(Collection entries)
-- ===== src/Lib.antt =====
-- FzDAQ, the data acquisition of the FAZIA detector: what its programs do with an event's words,
-- and the run control that they share.
--
-- A compute node receives datagrams (reader/FzReader.cpp), cuts them into events, parses each event
-- (parser/FzParser.cpp, parser/FzFSM.cpp) into the messages of proto/FzEventSet.proto and writes
-- these to files (writer/FzWriter.cpp, utils/FzProtobuf.h). The node manager
-- (nodemanager/FzNodeManager.cpp) drives these threads through the run control machine (rc/RCFSM.cpp) by commands of a controller
-- (controller/rcs.cpp), which keeps the nodes that report to it (controller/map.cpp). A transmitter
-- passes events on over TCP (transmitter/). The program of a node (main/FzDAQ-mt.cpp) reads the
-- configuration and has a console; the controller has one too (controller/cli.cpp) and posts its
-- nodes' reports to a web log (controller/weblog.cpp). Paths are below src/ of the repository.
--
-- What models what:
-- - Rc: class RCFSM of rc/RCFSM.cpp, its table and its members `try_process` and `process`, with the
--   enumerations of utils/FzTypedef.h. Rc/Diagram has the diagram as a relation.
-- - Event: the messages of proto/FzEventSet.proto. A message that the parser holds a pointer to
--   lives in a store and is named by its number; a repeated field is a list.
-- - Fsm: class FzFSM of parser/FzFSM.h and parser/FzFSM.cpp. Fsm/State has the members as a record,
--   with the `update_` members and the accesses through pointers; Fsm/Word the word kinds, the
--   masks and the transition table; Fsm/Block the transitions of blocks and cards (02 to 06 and 12
--   to 17); Fsm/Basic and Fsm/Tag those of the two formats (07 to 11); Fsm/Check the checks at the
--   end of a data object; Fsm/Trigger `read_triggerinfo`; Fsm/Process `init`, `import`, transition
--   18 and `process`. Fsm/Control, Fsm/Safety, Fsm/Progress and Fsm/Checks hold the proofs.
-- - Prelude: tests, lists, stores and the results of code that can fail.
-- - Reader: `udp_handler` of reader/FzReader.cpp. The memory that the receive buffer points to is a
--   function, so that reads behind a datagram's end are words too; messages and recorded files are
--   kept in order; a round of the thread handles the datagrams that the poll finds. Reader/Stream,
--   Reader/Framing, Reader/Counts and Reader/Rounds hold the proofs.
-- - Writer: class FzWriter of writer/FzWriter.cpp: `setup_newfile`, `setup_newdir`, what `process`
--   does with a message, and `set_rcstate`. The run directories, by name, and the files are in the
--   state, with whole messages in a file. Writer/Life has what can happen to a writer and what it promises;
--   Writer/Store, Writer/Sizes and Writer/Runs hold the other proofs.
-- - Framing: `parse_delimited` and `WriteDataset` of utils/FzProtobuf.h, and the loop that reads a
--   file in utils/read-fazia-pb.cpp (which lies beside the sources). The coded streams of the
--   protobuf library are a parameter. Framing/Files holds the proofs.
-- - Parser: the thread of parser/FzParser.cpp between the reader and the writer, a round of its loop
--   for each thing that the socket can do. Parser/Counts and Parser/Flow hold the proofs; the latter
--   follows an event from the reader's message to what is read of the writer's files.
-- - Rcs: the messages of proto/FzRCS.proto.
-- - Node: class FzNodeManager of nodemanager/FzNodeManager.cpp, over the states of its threads;
--   Node/Report has the messages of proto/FzNodeReport.proto and how they are filled. Node/Reach has
--   the life of a node as a step relation; Node/InStep, Node/Answers and Node/Rates hold the proofs.
-- - Controller: class FzController of controller/, with the run control service of controller/rcs.cpp.
--   Controller/Map has `map_insert` and `map_clean` of controller/map.cpp and a round of
--   controller/collector.cpp. The encoding of messages and the network are a parameter. Events and
--   Nodes hold the proofs about requests, Entries, Loops, Times and Sync those about the map of nodes.
-- - Tcp: `TcpRead` and `TcpWrite` of transmitter/Tcp.cpp over what the system calls return, and class
--   fdtTransmitter: a send without a connection is out of range, as its select is. Tcp/Transfer holds
--   the proofs.
--   Tcp/Sound has a connection on which nothing fails.
-- - Mfm: the loop of transmitter/main.cpp, which puts events into MFM frames. Mfm/Fields and
--   Mfm/Trigger hold the proofs about a frame's header, Mfm/Frames those of what a reader of the
--   frames gets, Mfm/Sends those of a frame that is sent, and Mfm/Rounds those of the loop.
-- - Utils: `urlparse` and `devtoip` of utils/FzUtils.cpp.
-- - Daq: main/FzDAQ-mt.cpp: the console with its commands, its statistics and its end. Daq/Setup has
--   the configuration before it, and Daq/Setup/Plans what that comes to. Daq/Session has a session
--   as a relation: lines, messages, readings and events in any order. Daq/Commands, Daq/Lines,
--   Daq/Control and Daq/Ends hold the proofs about commands, lines, the run control and the loop, and
--   Daq/Kept those about what messages and commands leave alone.
-- - Weblog: class FZHttpPost of logger/FzHttpPost.cpp and controller/weblog.cpp, which posts the
--   nodes' reports with it. Weblog/Lines, Weblog/Rows and Weblog/Runs hold the proofs about POSTs,
--   Weblog/Rounds those about a round over the nodes.
-- - Cli: controller/cli.cpp, the command line of the controller, over a service that answers it, with
--   the table of statistics in Cli/Table. Cli/Control puts it over the service of Controller.
--
-- How the code is read: an access that the language leaves undefined is a value of `Fault`:
-- `dangling` for a pointer to no object of the event, `over_read` for a word past the buffer,
-- `bad_index` for an array or a field read out of range. Members wrap at their width. A member that
-- the constructor leaves unset is whatever the machine is given. The two expressions in floating
-- point are parameters (`Floats`). An `event_size` other than the buffer's length is allowed. The
-- loop of `process` runs on fuel, because a transition may step the index back; the loops that
-- gather samples are recursion on the buffer or on the length read. Numbers are natural numbers.
--
-- The loops of the controller over its nodes have an index of eight bits, which is why 256 and 257
-- rounds are enough for fewer than 256 nodes; the loop that reads a file takes a round for each
-- message and one more, and the TCP loops one for each byte and one more; a frame fits a buffer of 4 MB,
-- so that `enough` of Mfm/Rounds is one more than that.
--
-- What other code does is a parameter with documented behaviour as named hypotheses: `Coded` and
-- `IsCoded` (protobuf's coded streams), `Outside` and `IsFaithful` (the encoding of requests and the
-- texts in small letters), `Socket`, `IsSocket` and `IsSound` (send and recv), `Sets` (protobuf's
-- event sets), `Cfg` and `System` (libconfig, sscanf and the interfaces), `Service` (what answers on
-- the run control port), `RunTag` and `IsPlain` (the names of run directories and what sscanf reads
-- of them), `AllExact` (ByteSize of a parsed message), `IsSerialized` (an event set that
-- is serialized is parsed as itself).
--
-- What is printed is kept as what is said, not as its layout. A part of the start of a program goes
-- on or ends it with a reason (`Start` of Daq/Setup). The frame of transmitter/main.cpp is read from
-- the memory at the message, which is a function, since it may be read past its end. A POST keeps its
-- keys as line and name.
--
-- Not modelled: logging, apart from the names that it looks up; the set-up of sockets and threads, an
-- exception of a socket that sends; a file that the writer cannot open or write; the parsing of the programs' options, and controller/main.cpp;
-- TcpOpen; `human_byte` and `human_bit`, which print floating-point numbers; main/FzConfig.cpp, which
-- makes the text of an endpoint; utils/fossa.c and utils/zmq.hpp, which are copies of other projects.
mod Prelude
pub mod Rc
pub mod Event
pub mod Fsm
pub mod Reader
pub mod Writer
pub mod Framing
pub mod Parser
pub mod Rcs
pub mod Node
pub mod Controller
pub mod Tcp
pub mod Mfm
pub mod Utils
pub mod Daq
pub mod Weblog
pub mod Cli
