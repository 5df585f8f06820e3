-- ===== src/Prelude/Outcome.antt =====
-- What a call of the stateful code comes to: a value, or the fault that stops it.
use mathlib.Core.Option.{Option, none, some}

-- `dangling`: an object is used through a pointer that points to none. `over_read`: a read past the
-- end of the event buffer. `bad_index`: an access outside an array or a repeated field.
-- `out_of_fuel`: the loop has not ended within the rounds given.
pub data Fault : Type 0 where
  dangling over_read bad_index out_of_fuel : Fault

pub data Result {ℓ} (A : Type ℓ) : Type ℓ where
  ok : A → Result A
  err : Fault → Result A

infixl 5 ◌>>=◌
abbrev pub ◌>>=◌ {ℓ κ} : {A : Type ℓ} {B : Type κ} → Result A → (A → Result B) → Result B
ok a >>= f = f a
err e >>= f = err e

abbrev pub or_fault {ℓ} : {A : Type ℓ} → Fault → Option A → Result A
or_fault e none = err e
or_fault e (some a) = ok a

-- A property of the value returned, if there is one.
abbrev pub Returns {ℓ} : {A : Type ℓ} → (A → Type 0) → Result A → Type 0
Returns P (ok a) = P a
Returns P (err e) = Unit {0}

-- The call returns a value with the property.
abbrev pub Gives {ℓ} : {A : Type ℓ} → (A → Type 0) → Result A → Type 0
Gives P (ok a) = P a
Gives P (err e) = ⊥

-- The rule of composition.
pub Gives-bind {ℓ κ} :
    {A : Type ℓ} {B : Type κ} (P : A → Type 0) (Q : B → Type 0) (m : Result A) (f : A → Result B)
    → Gives P m
    → ((a : A) → P a → Gives Q (f a))
    → Gives Q (m >>= f)
Gives-bind P Q (ok a) f h k = k a h
Gives-bind P Q (err e) f h k = elim h [ ]

-- The same of a value that is returned.
pub Returns-bind :
    {A B : Type 0} (P : A → Type 0) (Q : B → Type 0) (m : Result A) (f : A → Result B)
    → Returns P m
    → ((a : A) → P a → Returns Q (f a))
    → Returns Q (m >>= f)
Returns-bind P Q (ok a) f h k = k a h
Returns-bind P Q (err e) f h k = tt

pub Returns-map :
    {A : Type 0} (P Q : A → Type 0) (m : Result A)
    → Returns P m
    → ((a : A) → P a → Q a)
    → Returns Q m
Returns-map P Q (ok a) h k = k a h
Returns-map P Q (err e) h k = tt

pub Returns-any : {A : Type 0} (m : Result A) → Returns (λ _. Unit {0}) m
Returns-any (ok a) = tt
Returns-any (err e) = tt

# Assignment:
What you return must be an exact retyping of the lines above starting at the line with "the writer's files." and ending at the line with "over the nodes.", and nothing besides.

# Answer for this exercise:
--   follows an event from the reader's message to what is read of the writer's files.
-- - Rcs: the messages of proto/FzRCS.proto.
-- - Node: class FzNodeManager of nodemanager/FzNodeManager.cpp, over the states of its threads;
--   Node/Report has the messages of proto/FzNodeReport.proto and how they are filled. Node/Reach has
--   the life of a node as a step relation; Node/InStep, Node/Answers and Node/Rates hold the proofs.
-- - Controller: class FzController of controller/, with the run control service of controller/rcs.cpp.
--   Controller/Map has `map_insert` and `map_clean` of controller/map.cpp and a round of
--   controller/collector.cpp. The encoding of messages and the network are a parameter. Events and
--   Nodes hold the proofs about requests, Entries, Loops, Times and Sync those about the map of nodes.
-- - Tcp: `TcpRead` and `TcpWrite` of transmitter/Tcp.cpp over what the system calls return, and class
--   fdtTransmitter: a send without a connection is out of range, as its select is. Tcp/Transfer holds
--   the proofs.
--   Tcp/Sound has a connection on which nothing fails.
-- - Mfm: the loop of transmitter/main.cpp, which puts events into MFM frames. Mfm/Fields and
--   Mfm/Trigger hold the proofs about a frame's header, Mfm/Frames those of what a reader of the
--   frames gets, Mfm/Sends those of a frame that is sent, and Mfm/Rounds those of the loop.
-- - Utils: `urlparse` and `devtoip` of utils/FzUtils.cpp.
-- - Daq: main/FzDAQ-mt.cpp: the console with its commands, its statistics and its end. Daq/Setup has
--   the configuration before it, and Daq/Setup/Plans what that comes to. Daq/Session has a session
--   as a relation: lines, messages, readings and events in any order. Daq/Commands, Daq/Lines,
--   Daq/Control and Daq/Ends hold the proofs about commands, lines, the run control and the loop, and
--   Daq/Kept those about what messages and commands leave alone.
-- - Weblog: class FZHttpPost of logger/FzHttpPost.cpp and controller/weblog.cpp, which posts the
--   nodes' reports with it. Weblog/Lines, Weblog/Rows and Weblog/Runs hold the proofs about POSTs,
--   Weblog/Rounds those about a round over the nodes.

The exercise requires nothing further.